(Collected data)
[Start of Attachment]

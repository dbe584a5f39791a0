-- ===== src/Catalog/Client.antt =====
-- The entries of one client: `_option_value_for_client`, `_mapping_value`, `_client_sections`,
-- `_generated_pxe_host`, `_generated_pxe_boot` and `_generated_overlay_client`.
use homecluster_infra.Base.{
  String, ◌<>◌, Bool, true, ◌||◌, ◌&&◌, not, Option, none, some, List, [], ◌∷◌, ◌++◌, ◌==◌,
  string_eq, join, is_empty, if◌then◌else◌,
}
use homecluster_infra.Value.{
  Value, bool, str, list, dict, Fields, end, field, set, get, get_or, of_texts, is_null,
}
use homecluster_infra.Catalog.Scalars.{as_bool, as_list, clean_string, clean_strings, first_present}
use homecluster_infra.Catalog.NodeVars.{mapping_or_empty, or_text}

-- `parts.append(f"{name}={text}")` if the text is not empty.
abbrev option_part : String → String → List String
option_part name text = if text == "" then [] else (name <> ("=" <> text)) ∷ []

unfoldable pub option_value_for_client : Fields → Fields → String → Value → String
option_value_for_client cfg overlay_cfg overlay_id role =
    let option_value =
      first_present (get "option_value" overlay_cfg ∷ get "option_value" cfg ∷ []) in
    let roles = as_list (first_present (get "roles" cfg ∷ get "roles" overlay_cfg ∷ [])) in
    let stage = clean_string (first_present (get "stage" cfg ∷ get "tftp_stage" cfg ∷ [])) in
    if not (is_null option_value) && not (clean_string option_value == "")
    then clean_string option_value
    else join "," (
        (("overlay_id=" <> overlay_id) ∷ [])
        ++ (option_part "role" (clean_string role)
            ++ (option_part "roles" (join "," (clean_strings roles)) ++ option_part "stage" stage)))

unfoldable pub mapping_value : Fields → Fields → String → Value
mapping_value cfg nested_cfg key = first_present (get key nested_cfg ∷ get key cfg ∷ [])

-- One section of `_client_sections`, which has two names.
unfoldable pub client_section : Fields → String → String → Fields
client_section cfg name other_name =
    mapping_or_empty (first_present (get name cfg ∷ get other_name cfg ∷ dict end ∷ []))

pub record Sections : Type 0 where
  pub pxe_host_cfg : Fields
  pub boot_cfg : Fields
  pub overlay_cfg : Fields

unfoldable pub client_sections : Fields → Sections
client_sections cfg = record {
  pxe_host_cfg = client_section cfg "pxe_host" "host";
  boot_cfg = client_section cfg "pxe_boot" "boot";
  overlay_cfg = client_section cfg "overlay" "overlay_client";
}

-- The names that `_generated_pxe_host` reads from the client's settings without a fallback, in the
-- order of `host_field_candidates`.
abbrev plain_names : List String
plain_names =
    "tftp_release" ∷ "rootfs_release" ∷ "cmdline_root_arg" ∷ "cmdline_ip" ∷ "cmdline_extra_args"
    ∷ "rpi_kernel_image" ∷ "rpi_initramfs" ∷ "rpi_device_tree" ∷ "rpi4_kernel_image"
    ∷ "rpi4_initramfs" ∷ "rpi4_device_tree" ∷ "rpi5_kernel_image" ∷ "rpi5_initramfs"
    ∷ "rpi5_device_tree" ∷ "rpi5_extra_config" ∷ "rpi5_pciex1_enabled" ∷ []

candidates : Fields → Fields → List String → List (String × Value)
candidates cfg pxe_host_cfg [] = []
candidates cfg pxe_host_cfg (name ∷ names) =
    (name, mapping_value cfg pxe_host_cfg name) ∷ candidates cfg pxe_host_cfg names

unfoldable pub host_field_candidates :
    Fields → Fields → Fields → Value → Value → List (String × Value)
unfolding candidates
host_field_candidates cfg pxe_host_cfg hv default_filename default_force =
    ("mac", mapping_value cfg pxe_host_cfg "mac")
    ∷ ("ip", first_present (mapping_value cfg pxe_host_cfg "ip" ∷ get "ansible_host" hv ∷ []))
    ∷ (
      "filename",
      first_present (
          mapping_value cfg pxe_host_cfg "filename"
          ∷ mapping_value cfg pxe_host_cfg "bootfile"
          ∷ default_filename
          ∷ []),
    )
    ∷ ("force", first_present (mapping_value cfg pxe_host_cfg "force" ∷ default_force ∷ []))
    ∷ ("board_hash", mapping_value cfg pxe_host_cfg "board_hash")
    ∷ (
      "tftp_stage",
      first_present (mapping_value cfg pxe_host_cfg "tftp_stage" ∷ get "stage" cfg ∷ []),
    )
    ∷ candidates cfg pxe_host_cfg plain_names

abbrev present : Value → Bool
present v = not (is_null v) && not (clean_string v == "")

-- `if value is not None and _clean_string(value): pxe_host[key] = value`, for each candidate.
unfoldable pub set_present : List (String × Value) → Fields → Fields
set_present [] pxe_host = pxe_host
set_present ((key, value) ∷ rest) pxe_host =
    set_present rest (if present value then set key value pxe_host else pxe_host)

-- `if texts: pxe_host[key] = texts`
unfoldable pub set_texts : String → List String → Fields → Fields
set_texts key texts d = if is_empty texts then d else set key (list (of_texts texts)) d

unfoldable pub host_tags : Fields → Fields → Fields → List String
host_tags cfg pxe_host_cfg pxe_host =
    let tags = mapping_value cfg pxe_host_cfg "tags" in
    let tag = clean_string (first_present (get "stage" cfg ∷ get "tftp_stage" pxe_host ∷ [])) in
    if is_null tags
    then clean_strings (if tag == "" then [] else str tag ∷ [])
    else clean_strings (as_list tags)

unfoldable pub host_dhcp_options : Fields → Fields → String → Value → List String
host_dhcp_options cfg pxe_host_cfg option_value option_code =
    let dhcp_options = mapping_value cfg pxe_host_cfg "dhcp_options" in
    if is_null dhcp_options && not (option_value == "")
    then clean_strings (str (clean_string option_code <> (",\"" <> (option_value <> "\""))) ∷ [])
    else clean_strings (as_list dhcp_options)

unfoldable pub generated_pxe_host :
    Fields → Fields → Fields → String → String → String → Value → Value → Value → Fields
generated_pxe_host cfg pxe_host_cfg hv name networkid option_value option_code default_filename
      default_force =
    let pxe_host =
      set_present (host_field_candidates cfg pxe_host_cfg hv default_filename default_force)
        (field "name" (str name) (field "networkid" (str networkid) end)) in
    let with_tags = set_texts "tags" (host_tags cfg pxe_host_cfg pxe_host) pxe_host in
    set_texts "dhcp_options" (host_dhcp_options cfg pxe_host_cfg option_value option_code) with_tags

unfoldable pub generated_pxe_boot :
    Fields → Fields → Fields → String → String → Value → Value → Value → Option Fields
generated_pxe_boot cfg boot_cfg pxe_host name networkid default_filename default_serveraddress
      default_servername =
    let filename = clean_string (
      first_present (
        get "filename" boot_cfg
        ∷ get "bootfile" boot_cfg
        ∷ get "filename" pxe_host
        ∷ default_filename
        ∷ [])) in
    let serveraddress = clean_string (
      first_present
        (get "serveraddress" boot_cfg ∷ get "serveraddress" cfg ∷ default_serveraddress ∷ [])) in
    let servername = clean_string (
      first_present (
        get "servername" boot_cfg
        ∷ get "servername" cfg
        ∷ default_servername
        ∷ str serveraddress
        ∷ [])) in
    if as_bool (get_or "enabled" (bool true) boot_cfg)
      && (not (filename == "") || not (serveraddress == "") || not (servername == ""))
    then some (
        field "name" (str (or_text (clean_string (get "name" boot_cfg)) name)) (
          field "networkid" (str (or_text (clean_string (get "networkid" boot_cfg)) networkid)) (
            field "filename" (str filename) (
              field "serveraddress" (str serveraddress)
                (field "servername" (str servername) end)))))
    else none

unfoldable pub generated_overlay_client : Fields → Fields → String → Value → String → Option Fields
unfolding set_present
generated_overlay_client cfg overlay_cfg overlay_id role option_value =
    let base = field "id" (str overlay_id) end in
    let with_role = if present role then set "role" (str (clean_string role)) base else base in
    let with_option =
      if option_value == "" then with_role else set "option_value" (str option_value) with_role in
    if as_bool (get_or "enabled" (bool true) overlay_cfg) && not (overlay_id == "")
    then some (
        set_present
          (("ansible_extra_vars", mapping_value cfg overlay_cfg "ansible_extra_vars")
            ∷ ("mac", mapping_value cfg overlay_cfg "mac")
            ∷ [])
          with_option)
    else none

[End of Attachment]

Return every line from the entries that holds the string "record".

REPLY
pub record Sections : Type 0 where
client_sections cfg = record {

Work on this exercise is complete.